Des frappes meurtrières et des représailles immédiates
Cette annonce intervient après que Donald Trump a précédemment applaudi la destruction d'un pont emblématique situé près de Téhéran, une attaque qui a coûté la vie à huit civils innocents. En réponse à ces provocations, les gardiens de la révolution, l'armée idéologique de la République islamique, ont revendiqué dans la nuit de jeudi à vendredi le tir de missiles qualifiés de « longue portée » en direction de Tel-Aviv et de la station balnéaire d'Eilat, dans le sud d'Israël.

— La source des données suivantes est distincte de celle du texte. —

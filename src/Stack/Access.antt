-- ===== src/Stack/Access.antt =====
-- lab3/Stack.c: `stack_push` and `stack_pop`.
use distibuted_sys.Base.{
  ℕ, zero, suc, ◌+◌, ◌*◌, ◌%◌, ◌^◌, Bool, true, false, Option, none, some, ◌==◌, leb, if◌then◌else◌,
}
use distibuted_sys.Stack.{
  Ptr, null, node, no_memory, no_element, invalid_argument, Code, done, unfinished, ◌>>=◌, ◌>>◌,
  return, read, write, Status, success, failure, put, load_node, set_next, fail_with,
}
use distibuted_sys.Stack.Hazard.{
  max_hazard_pointers, System, set_hazard, get_hazard_pointer_for_current_thread,
}
use distibuted_sys.Stack.Reclaim.{add_to_reclaim_list, delete_nodes_with_no_hazards}

abbrev pub yield_backoff : ℕ
yield_backoff = 2

-- The strong compare-exchange of `head`.
unfoldable pub exchange_head : Ptr → Ptr → Code Bool
exchange_head expected desired m =
    if m.head == expected then done true (record m { head = desired }) else done false m

-- The loop of `stack_push`; `sched_yield` has no effect on the memory.
unfoldable pub push_loop : ℕ → ℕ → Ptr → Code (Unit {0})
unfolding exchange_head
push_loop zero backoff_counter new_node = λ _. unfinished
push_loop (suc fuel) backoff_counter new_node = do
  m ← read
  let counter = if backoff_counter == yield_backoff then 0 else backoff_counter
  set_next new_node m.head
  won ← exchange_head m.head new_node
  if won then return tt else push_loop fuel ((counter + 1) % 2 ^ 32) new_node

unfoldable pub stack_push : System → ℕ → Ptr → ℕ → Code Status
unfolding push_loop
stack_push sys fuel stack value =
    if stack == null then return failure else if sys.fresh == null then fail_with no_memory else do
      m ← read
      write (record m { cell = put m.cell sys.fresh (some (node null value)) })
      push_loop fuel 0 sys.fresh
      return success

-- The inner loop of `stack_pop`: until the hazard pointer holds the head.
unfoldable pub protect : ℕ → Option ℕ → Ptr → Code Ptr
unfolding set_hazard
protect zero hp old_head = λ _. unfinished
protect (suc fuel) hp old_head = do
  set_hazard hp old_head
  m ← read
  if m.head == old_head then return m.head else protect fuel hp m.head

-- The outer loop: NULL, or the node that was unlinked.
unfoldable pub unlink : ℕ → Option ℕ → Code Ptr
unfolding protect exchange_head
unlink zero hp = λ _. unfinished
unlink (suc fuel) hp = do
  m ← read
  old_head ← protect (suc fuel) hp m.head
  if old_head == null then return null else do
    n ← load_node old_head
    won ← exchange_head old_head n.next
    if won then return old_head else unlink fuel hp

-- What follows the loops, for a node.
unfoldable pub retire : (Ptr → ℕ) → ℕ → Ptr → Code (Unit {0})
retire spurious fuel old_head = do
  add_to_reclaim_list (spurious old_head) old_head
  m ← read
  let counter = (m.reclaim_counter + 1) % 2 ^ 32
  if leb (2 * max_hazard_pointers) counter
      then (do write (record m { reclaim_counter = 0 }); delete_nodes_with_no_hazards spurious fuel)
      else write (record m { reclaim_counter = counter })

-- The value stored at `place_to_pop` is `some`, unless nothing is.
unfoldable pub stack_pop : System → (Ptr → ℕ) → ℕ → Ptr → Ptr → Code (Status × Option ℕ)
stack_pop sys spurious fuel stack place_to_pop =
    if stack == null
    then return (failure, none)
    else if place_to_pop == null
    then (do s ← fail_with invalid_argument; return (s, none))
    else do
      hp ← get_hazard_pointer_for_current_thread sys
      old_head ← unlink fuel hp
      set_hazard hp null
      if old_head == null then (do s ← fail_with no_element; return (s, none)) else do
        n ← load_node old_head
        retire spurious fuel old_head
        return (success, some n.value)
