-- ===== src/Stack/Nodes.antt =====
-- Linked nodes of lab3/Stack.c as sequences, and the state of a stack between two calls.
use distibuted_sys.Base.{
  ℕ, ◌≡◌, ◌≢◌, refl, Bool, true, false, Option, none, some, List, [], ◌∷◌, ◌||◌, arith, ◌==◌,
}
use distibuted_sys.Stack.{Ptr, null, StackNode, node, Memory, put}

-- Address and value of each node, in order.
abbrev pub Nodes : Type 0
Nodes = List (Ptr × ℕ)

abbrev pub first : Nodes → Ptr
first [] = null
first ((p, _) ∷ _) = p

abbrev pub has : Nodes → Ptr → Bool
has [] a = false
has ((p, _) ∷ xs) a = p == a || has xs a

abbrev pub values : Nodes → List ℕ
values [] = []
values ((_, v) ∷ xs) = v ∷ values xs

-- Each node of `xs` is allocated, leads to the next, and stands there once.
abbrev pub Linked : (Ptr → Option StackNode) → Nodes → Type 0
Linked cell [] = Unit
Linked cell ((p, v) ∷ xs) =
    (p ≢ null) × (cell p ≡ some (node (first xs) v)) × (has xs p ≡ false) × Linked cell xs

-- A change that spares the nodes of `xs` keeps them linked.
pub Linked-frame :
    {cell cell' : Ptr → Option StackNode} (xs : Nodes)
    → Linked cell xs
    → ((a : Ptr) → has xs a ≡ true → cell' a ≡ cell a)
    → Linked cell' xs
Linked-frame [] l same = tt
Linked-frame ((p, v) ∷ xs) (ne, at, new, l) same =
    (ne, ground (arith, same p), new, Linked-frame xs l (λ a h. same a (ground arith)))

pub Linked-put :
    (cell : Ptr → Option StackNode) (xs : Nodes) (p : Ptr) (o : Option StackNode)
    → Linked cell xs
    → has xs p ≡ false
    → Linked (put cell p o) xs
Linked-put cell xs p o l out = Linked-frame xs l (λ a h. ground arith)

pub has_of_none :
    (cell : Ptr → Option StackNode) (xs : Nodes) (p : Ptr)
    → Linked cell xs
    → cell p ≡ none
    → has xs p ≡ false
has_of_none cell [] p l e = refl
has_of_none cell ((q, v) ∷ xs) p l e = ground (arith, has_of_none cell xs p)

-- Between two calls: the stack holds `xs`, the first on top, and `rs` wait to be freed.
pub record IsStack (m : Memory) (xs rs : Nodes) : Type 0 where
  pub head : m.head ≡ first xs
  pub to_reclaim : m.to_reclaim ≡ first rs
  pub stack_linked : Linked m.cell xs
  pub reclaim_linked : Linked m.cell rs
  pub apart : (a : Ptr) → has xs a ≡ true → has rs a ≡ false
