-- ===== src/Stack/Retire.antt =====
-- The reclamation list: what is put on it, and what a clean-up frees.
use distibuted_sys.Base.{
  ℕ, zero, suc, ◌<◌, ◌≡◌, ◌≢◌, refl, ◌∙◌, Bool, true, false, Option, none, some, List, [], ◌∷◌, inl,
  inr, ◌&&◌, ◌||◌, arith, ◌==◌, Bool-cases, if◌then◌else◌, length,
}
use distibuted_sys.Stack.{Ptr, null, StackNode, node, HazardPointer, Memory, done, put}
use distibuted_sys.Stack.Hazard.{outstanding_hazard_pointers_for}
use distibuted_sys.Stack.Reclaim.{
  add_to_reclaim_list, delete_or_return, delete_loop, delete_nodes_with_no_hazards,
}
use distibuted_sys.Stack.Nodes.{Nodes, first, has, Linked, Linked-frame, IsStack}

==_refl : (p : ℕ) → (p == p) ≡ true
==_refl p = ground arith

-- After a spurious failure the loop starts again, with `p->next` set.
spurious_round :
    (k : ℕ) (p q : Ptr) (v : ℕ) (m : Memory)
    → m.cell p ≡ some (node q v)
    → add_to_reclaim_list (suc k) p m
      ≡ add_to_reclaim_list k p (record m {
        cell = put (put m.cell p (some (node m.to_reclaim v))) p (some (node m.to_reclaim v));
      })
unfolding add_to_reclaim_list
spurious_round k p q v m at = ground (arith, ==_refl p)

-- `add_to_reclaim_list` puts one node in front, however often the exchange fails spuriously.
pub add_to_reclaim_list-cons :
    (k : ℕ) (p q : Ptr) (v : ℕ) (m : Memory)
    → m.cell p ≡ some (node q v)
    → (c : Ptr → Option StackNode) × (add_to_reclaim_list k p m
        ≡ done tt (record m { cell = c; to_reclaim = p }))
      × (c p ≡ some (node m.to_reclaim v))
      × ((a : Ptr) → p ≢ a → c a ≡ m.cell a)
unfolding add_to_reclaim_list
add_to_reclaim_list-cons zero p q v m at =
    (put m.cell p (some (node m.to_reclaim v)), ground arith, ground arith, λ a ne. ground arith)
add_to_reclaim_list-cons (suc k) p q v m at =
    let c1 : Ptr → Option StackNode =
      put (put m.cell p (some (node m.to_reclaim v))) p (some (node m.to_reclaim v)) in
    let (c, e, here, same) =
      add_to_reclaim_list-cons k p m.to_reclaim v (record m { cell = c1 }) (ground arith) in
    (c, spurious_round k p q v m at ∙ e, here, λ a ne. ground (arith, same a ne))

-- What a round of the clean-up does to the node `p`: keeps it, in front of the list, or frees it.
abbrev pub Sorted : Bool → Ptr → ℕ → Memory → (Ptr → Option StackNode) → Ptr → Type 0
Sorted true p v m c t = (t ≡ p) × (c p ≡ some (node m.to_reclaim v))
Sorted false p v m c t = (t ≡ m.to_reclaim) × (c p ≡ none)

-- The nodes of `rs` that some hazard pointer protects, put one by one in front of `acc`.
unfoldable pub keep : List HazardPointer → Nodes → Nodes → Nodes
keep hz [] acc = acc
keep hz ((p, v) ∷ rs) acc =
    keep hz rs (if outstanding_hazard_pointers_for hz p then (p, v) ∷ acc else acc)

pub has-keep :
    (hz : List HazardPointer) (rs acc : Nodes) (a : Ptr)
    → has (keep hz rs acc) a ≡ ((has rs a && outstanding_hazard_pointers_for hz a) || has acc a)
unfolding keep
has-keep hz [] acc a = refl
has-keep hz ((p, v) ∷ rs) acc a =
    ground
      (arith, has-keep hz rs (if outstanding_hazard_pointers_for hz p then (p, v) ∷ acc else acc) a)

-- Every retired node that no hazard pointer protects is freed.
abbrev pub Freed : List HazardPointer → Nodes → (Ptr → Option StackNode) → Type 0
Freed hz rs c =
    (a : Ptr) → has rs a ≡ true → outstanding_hazard_pointers_for hz a ≡ false → c a ≡ none

module _ (spurious : Ptr → ℕ) where
  delete_or_return-Sorted :
      (p q : Ptr) (v : ℕ) (m : Memory)
      → m.cell p ≡ some (node q v)
      → (c : Ptr → Option StackNode) × (t : Ptr) × (delete_or_return spurious p m
          ≡ done tt (record m { cell = c; to_reclaim = t }))
        × Sorted (outstanding_hazard_pointers_for m.hazard_pointers p) p v m c t
        × ((a : Ptr) → p ≢ a → c a ≡ m.cell a)
  unfolding delete_or_return
  delete_or_return-Sorted p q v m at =
      elim (Bool-cases (outstanding_hazard_pointers_for m.hazard_pointers p)) [
        | inl hit ↦
            let (c, e, here, same) = add_to_reclaim_list-cons (spurious p) p q v m at in
            (c, p, rw hit e, rw hit (refl, here), same)
        | inr miss ↦ (
          put m.cell p none,
          m.to_reclaim,
          rw miss (ground arith),
          rw miss (refl, ground arith),
          λ a ne. ground arith,
        )
      ]

  -- The state in the middle of a clean-up: `rs` is still to do, `acc` is back on the list.
  record Between (m : Memory) (rs acc : Nodes) : Type 0 where
    todo : Linked m.cell rs
    back : Linked m.cell acc
    front : m.to_reclaim ≡ first acc
    apart : (a : Ptr) → has rs a ≡ true → has acc a ≡ false

  -- The memory after the clean-up.
  record Cleaned (m : Memory) (rs acc : Nodes) (c : Ptr → Option StackNode) (t : Ptr) : Type 0 where
    pub front : t ≡ first (keep m.hazard_pointers rs acc)
    pub linked : Linked c (keep m.hazard_pointers rs acc)
    pub freed :
        (a : Ptr)
        → has rs a ≡ true
        → outstanding_hazard_pointers_for m.hazard_pointers a ≡ false
        → c a ≡ none
    pub same : (a : Ptr) → has rs a ≡ false → c a ≡ m.cell a

  round :
      (p : Ptr) (v : ℕ) (rs acc : Nodes) (m : Memory) (c : Ptr → Option StackNode) (t : Ptr)
      (o : Bool)
      → Between m ((p, v) ∷ rs) acc
      → Sorted o p v m c t
      → ((a : Ptr) → p ≢ a → c a ≡ m.cell a)
      → Between (record m { cell = c; to_reclaim = t }) rs (if o then (p, v) ∷ acc else acc)
  round p v rs acc m c t true b sorted same =
      let (ne, at, new, l) = b.todo in
      record {
        todo = Linked-frame rs l (λ a h. same a (ground arith));
        back = (
          ne,
          ground (arith, b.front),
          b.apart p (ground arith),
          Linked-frame acc b.back (λ a h. same a (ground (arith, b.apart p))),
        );
        front = sorted.0;
        apart = λ a h. ground (arith, b.apart a);
      }
  round p v rs acc m c t false b sorted same =
      let (ne, at, new, l) = b.todo in
      record {
        todo = Linked-frame rs l (λ a h. same a (ground arith));
        back = Linked-frame acc b.back (λ a h. same a (ground (arith, b.apart p)));
        front = sorted.0 ∙ b.front;
        apart = λ a h. ground (arith, b.apart a);
      }

  loop_round :
      (fuel : ℕ) (p q : Ptr) (v : ℕ) (m m1 : Memory)
      → p ≢ null
      → m.cell p ≡ some (node q v)
      → delete_or_return spurious p m ≡ done tt m1
      → delete_loop spurious (suc fuel) p m ≡ delete_loop spurious fuel q m1
  unfolding delete_loop
  loop_round fuel p q v m m1 ne at e = ground arith

  Cleaned-cons :
      (p : Ptr) (v : ℕ) (rs acc : Nodes) (m : Memory) (c1 c : Ptr → Option StackNode) (t1 t : Ptr)
      → has rs p ≡ false
      → Sorted (outstanding_hazard_pointers_for m.hazard_pointers p) p v m c1 t1
      → ((a : Ptr) → p ≢ a → c1 a ≡ m.cell a)
      → Cleaned
          (record m { cell = c1; to_reclaim = t1 })
          rs
          (if outstanding_hazard_pointers_for m.hazard_pointers p then (p, v) ∷ acc else acc)
          c
          t
      → Cleaned m ((p, v) ∷ rs) acc c t
  unfolding keep
  Cleaned-cons p v rs acc m c1 c t1 t new sorted same d = record {
    front = d.front;
    linked = d.linked;
    freed = λ a h o. elim (Bool-cases (p == a)) [
      | inl here ↦ ground (arith, d.same p)
      | inr there ↦ d.freed a (ground arith) o
    ];
    same = λ a h. ground (arith, d.same a, same a);
  }

  delete_loop-Cleaned :
      (fuel : ℕ) (rs acc : Nodes) (m : Memory)
      → Between m rs acc
      → length rs < fuel
      → (c : Ptr → Option StackNode) × (t : Ptr) × (delete_loop spurious fuel (first rs) m
          ≡ done tt (record m { cell = c; to_reclaim = t }))
        × Cleaned m rs acc c t
  unfolding delete_loop keep
  delete_loop-Cleaned zero rs acc m b h = absurd (omega arith)
  delete_loop-Cleaned (suc fuel) [] acc m b h = (
    m.cell,
    m.to_reclaim,
    refl,
    record { front = b.front; linked = b.back; freed = λ a h. cc; same = λ a h. refl },
  )
  delete_loop-Cleaned (suc fuel) ((p, v) ∷ rs) acc m b h =
      let (ne, at, new, l) = b.todo in
      let (c1, t1, e1, sorted, same) = delete_or_return-Sorted p (first rs) v m at in
      let m1 : Memory = record m { cell = c1; to_reclaim = t1 } in
      let (c, t, e, cleaned) =
        delete_loop-Cleaned fuel rs _ m1 (round p v rs acc m c1 t1 _ b sorted same) (omega arith) in
      (
        c,
        t,
        loop_round fuel p (first rs) v m m1 ne at e1 ∙ e,
        Cleaned-cons p v rs acc m c1 c t1 t new sorted same cleaned,
      )

  pub delete_nodes-keep :
      (fuel : ℕ) (m : Memory) (xs rs : Nodes)
      → IsStack m xs rs
      → length rs < fuel
      → (c : Ptr → Option StackNode) × (t : Ptr) × (delete_nodes_with_no_hazards spurious fuel m
          ≡ done tt (record m { cell = c; to_reclaim = t }))
        × IsStack (record m { cell = c; to_reclaim = t }) xs (keep m.hazard_pointers rs [])
        × Freed m.hazard_pointers rs c
        × ((a : Ptr) → has rs a ≡ false → c a ≡ m.cell a)
  unfolding delete_nodes_with_no_hazards
  delete_nodes-keep fuel m xs rs s h =
      let start : Between (record m { to_reclaim = null }) rs [] = record {
        todo = s.reclaim_linked;
        back = tt;
        front = refl;
        apart = λ a i. refl;
      } in
      let (c, t, e, d) = delete_loop-Cleaned fuel rs [] (record m { to_reclaim = null }) start h in
      (
        c,
        t,
        rw s.to_reclaim e,
        record {
          head = s.head;
          to_reclaim = d.front;
          stack_linked = Linked-frame xs s.stack_linked (λ a i. d.same a (s.apart a i));
          reclaim_linked = d.linked;
          apart = λ a i. ground (arith, has-keep m.hazard_pointers rs [] a, s.apart a);
        },
        d.freed,
        d.same,
      )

Une confrontation régionale qui s'élargit dangereusement
Comme depuis le début du conflit déclenché le 28 février par des bombardements israélo-américains coordonnés, Téhéran a également continué à prendre pour cible des intérêts directement liés aux États-Unis dans la région stratégique du Golfe. Cette confrontation militaire se joue simultanément au Liban, où opère le Hezbollah, allié historique et puissant de Téhéran, ajoutant une dimension régionale complexe à ce conflit déjà volatile.
Un bilan humanitaire catastrophique au Liban
Selon les autorités libanaises officielles, les hostilités incessantes ont provoqué des conséquences humanitaires dramatiques avec plus de 1300 morts confirmés et plus d'un million de personnes déplacées de force, créant une crise humanitaire majeure dans la région. Cette situation alarmante souligne l'urgence d'une résolution diplomatique pour mettre fin aux souffrances des populations civiles prises au piège de ces affrontements.